There was the tinkle on the floor as of some metallic instrument.

“What am I here for? What is my object?” His voice had a hideous relish. “A simple thing. Profit. I did not want this taken for suicide. That was his aim, Miss Grey. Mine is absolutely different. And now it is accomplished.”

He was past her, a squat powerful figure, as soft-footed as a cat. He was silhouetted for one second in the moonlit window, gone.

Sandra found that scream then. It was piercing, wild, full-bodied, all her healthy young lungs could do. Feet crashed in the back, Corrigan’s yelclass="underline" “Who is it?”

The house was alive with noise. Corrigan was in the room; the lights went on.

She could only gasp: “Dow… Dow! He’s gone… through that window!”

Corrigan was already plunging through the open casement.

Sandra turned. She was beside the corpse. She could feel it, sense it there beside her left foot. Her hands were over her face. Something stronger than shuddering reaction, an irresistible, horrible attraction drew her like a magnet. She took her hands away.

The glazed eyes in that staring white face looked up at her. Just the same – but not the same. In that gaping mouth the hammer-headed, fungously white plug was missing.

Dow had cut out the corpse’s tongue!

III

Sunlight through the Venetian blinds of Captain Corrigtan’s office made bars of light and shade over the heap of police photographs on his desk, over Sandra’s slim hands, leafing through them. As she dropped each photograph, Gawdy picked it up, scrutinizing it with his big florid face outthrust, his blue eyes sharp. Captain Corrigan paced up and down the office. The floor creaked under his heavy step. His bullet head looked jammed between his shoulders, his hard eyes as if he had not slept all night. De Saules, incessantly fingering his spike of beard, sat a little removed, his cool eyes flitting, not over the photographs of Captain Corrigan, but over Sandra’s trim body, her velvety absorbed eyes, the color in her young cheeks.

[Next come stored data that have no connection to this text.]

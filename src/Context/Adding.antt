-- ===== src/Context/Adding.antt =====
-- Adding an environment.
use yby_cli.Prelude.Result.{ok, Result-cases}
use yby_cli.Context.{
  nil_map_assignment, store_environment, environment_exists, values_not_written, write_values,
  add_environment, Environment, ContextError, defined, load_manifest, save_manifest,
  EnvironmentsManifest, Files,
}
use yby_cli.Prelude.{
  sym, lookup-insert, insert, [], ◌∷◌, cat, Bool-cases, eq_String, ◌∙◌, ap, Option-cases, ◌==◌,
  if◌then◌else◌, none, subst, inl, inr, ◌⊎◌, some, refl, false, ◌≡◌, String,
}
use yby_cli.Context.Laws.{saving_cases, IsReliable}

module _ {W B : Type 0} (files : Files W B) (root_dir : String) where
  -- The file of values is there once it has been written or found.
  write_values-cases :
      (name values_file content : String) (w : W)
      → IsReliable files root_dir
      → ((e : ContextError) × ((write_values files root_dir name values_file content w).0 ≡ some e))
        ⊎ (((write_values files root_dir name values_file content w).0 ≡ none)
            × (files.not_exist
                  (files.join (root_dir ∷ values_file ∷ []))
                  (write_values files root_dir name values_file content w).1
                ≡ false))
  unfolding write_values
  write_values-cases name values_file content w reliable =
      let path = files.join (root_dir ∷ values_file ∷ []) in
      let text =
        if content == "" then cat ("# Values for " ∷ name ∷ " environment\n" ∷ []) else content in
      elim (Bool-cases (files.not_exist path w)) [
        | inr there ↦ inr (rw (there, write_values) (refl, there))
        | inl gone ↦ elim (Result-cases (files.write_file path (files.bytes text) w).0) [
          | inr (problem, n) ↦ inl (values_not_written problem, rw (gone, n, write_values) refl)
          | inl (d, n) ↦
              let kept = reliable.exists-write path (files.bytes text) w d n in
              inr (rw (gone, n, write_values) refl, rw (gone, n, kept, write_values) refl)
        ]
      ]

  -- What storing an environment leaves.
  abbrev Stored : String → Environment → EnvironmentsManifest → W → W → Type 0
  Stored name env manifest w u =
      (back : EnvironmentsManifest) × (load_manifest files root_dir u ≡ ok back)
      × ((other : String)
          → defined other back.environments
            ≡ (if name == other then some env else defined other manifest.environments))
      × (back.current ≡ manifest.current)
      × ((other : String) → files.not_exist other w ≡ false → files.not_exist other u ≡ false)

  storing_cases :
      (name : String) (env : Environment) (manifest : EnvironmentsManifest) (w : W)
      → IsReliable files root_dir
      → ((e : ContextError) × ((store_environment files root_dir name env manifest w).0 ≡ some e))
        ⊎ Stored name env manifest w (store_environment files root_dir name env manifest w).1
  unfolding store_environment defined
  storing_cases name env manifest w reliable = elim (Option-cases manifest.environments) [
    | inl nil ↦ inl (nil_map_assignment, rw (nil, store_environment) refl)
    | inr (environments, m) ↦
        let stored : EnvironmentsManifest = record manifest {
          environments = some (insert name env environments);
        } in
        let saving = save_manifest files root_dir stored w in
        let same : store_environment files root_dir name env manifest w ≡ saving =
          rw (m, store_environment) refl in
        elim (saving_cases files root_dir stored w reliable) [
          | inl (problem, e) ↦ inl (problem, ap (λ x. x.0) same ∙ e)
          | inr (back, loaded, current, entries, override, kept) ↦
              let there : Stored name env manifest w saving.1 = (
                back,
                loaded,
                λ other.
                    entries other
                    ∙ lookup-insert name other env environments
                    ∙ ap (λ o. if name == other then some env else defined other o) (sym m),
                current,
                kept,
              ) in
              inr (subst (λ u. Stored name env manifest w u) (ap (λ x. x.1) (sym same)) there)
        ]
  ]

  -- With reliable files, once `AddEnvironment` has succeeded, the manifest has the new environment under its name, with its
  -- file of values, which is there; it had none under the name before, every other name has what it
  -- had, and the current one is the same.
  pub added_environment :
      (name : String) (env : Environment) (content : String) (w : W)
      → IsReliable files root_dir
      → (add_environment files root_dir name env content w).0 ≡ none
      → let u = (add_environment files root_dir name env content w).1 in
        let values_file = cat ("config/values-" ∷ name ∷ ".yaml" ∷ []) in
        let added = record env { values = values_file } in
        (manifest : EnvironmentsManifest) × (back : EnvironmentsManifest) × (load_manifest files
            root_dir w
          ≡ ok manifest)
        × (load_manifest files root_dir u ≡ ok back)
        × (defined name manifest.environments ≡ none)
        × ((other : String)
            → defined other back.environments
              ≡ (if name == other then some added else defined other manifest.environments))
        × (back.current ≡ manifest.current)
        × (files.not_exist (files.join (root_dir ∷ values_file ∷ [])) u ≡ false)
  unfolding add_environment
  added_environment name env content w reliable done =
      let values_file = cat ("config/values-" ∷ name ∷ ".yaml" ∷ []) in
      let added : Environment = record env { values = values_file } in
      let adding = add_environment files root_dir name env content w in
      let v = (write_values files root_dir name values_file content w).1 in
      elim (Result-cases (load_manifest files root_dir w)) [
        | inr (problem, l) ↦
            let bad : adding.0 ≡ some problem = rw (l, add_environment) refl in absurd (cc)
        | inl (manifest, l) ↦ elim (Option-cases (defined name manifest.environments)) [
          | inr (old, n) ↦
              let bad : adding.0 ≡ some (environment_exists name) =
                rw (l, n, add_environment) refl in
              absurd (cc)
          | inl n ↦ elim (write_values-cases name values_file content w reliable) [
            | inl (problem, e) ↦
                let bad : adding.0 ≡ some problem = rw (l, n, e, add_environment) refl in
                absurd (cc)
            | inr (written, there) ↦
                let same : adding ≡ store_environment files root_dir name added manifest v =
                  rw (l, n, written, add_environment) refl in
                elim (storing_cases name added manifest v reliable) [
                  | inl (problem, e) ↦ let bad = ap (λ x. x.0) same ∙ e in absurd (cc)
                  | inr (back, loaded, entries, current, kept) ↦ (
                    manifest,
                    back,
                    l,
                    ap (λ x. load_manifest files root_dir x.1) same ∙ loaded,
                    n,
                    entries,
                    current,
                    ap (λ x. files.not_exist (files.join (root_dir ∷ values_file ∷ [])) x.1) same
                        ∙ kept (files.join (root_dir ∷ values_file ∷ [])) there,
                  )
                ]
          ]
        ]
      ]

Sandra tossed aside the last photograph of a Chinese with a criminal record.

“I can’t find him, Captain Corrigan. He’s just not here.”

Captain Corrigan looked at Gawdy as if here were his last hope.

Gawdy shook his head. “He’s none of these.”

Corrigan came up. His voice was like an explosion. “We’ve got to find out! We’ve ransacked the Chinese quarter, combed the city all night!” His jaws clicked shut, worked. “There was nothing in the old man’s mouth to take out! Nothing! What was he after? The tongue was cut – cut by a scalpel – sliced out at the roots! Why? Why?”

His eyes raged at all three. Gawdy’s handsome face was blank. De Saules took his hand from his beard, smoothed his brows, shook his head. Sandra bit her lip. She was thinking: “They’re stumped. The police. They can’t get anywhere. How could they? They know even less than I do.”

Corrigan slapped the fingers of one hand on the palm of the other. “That yellow devil put that sentence on the back of the note – about the garage – merely to make us rush out pell-mell when he started the fire. He was hiding, watching the house, slipped in when we swallowed the bait. But what for? Why did he cut out the tongue? Why?”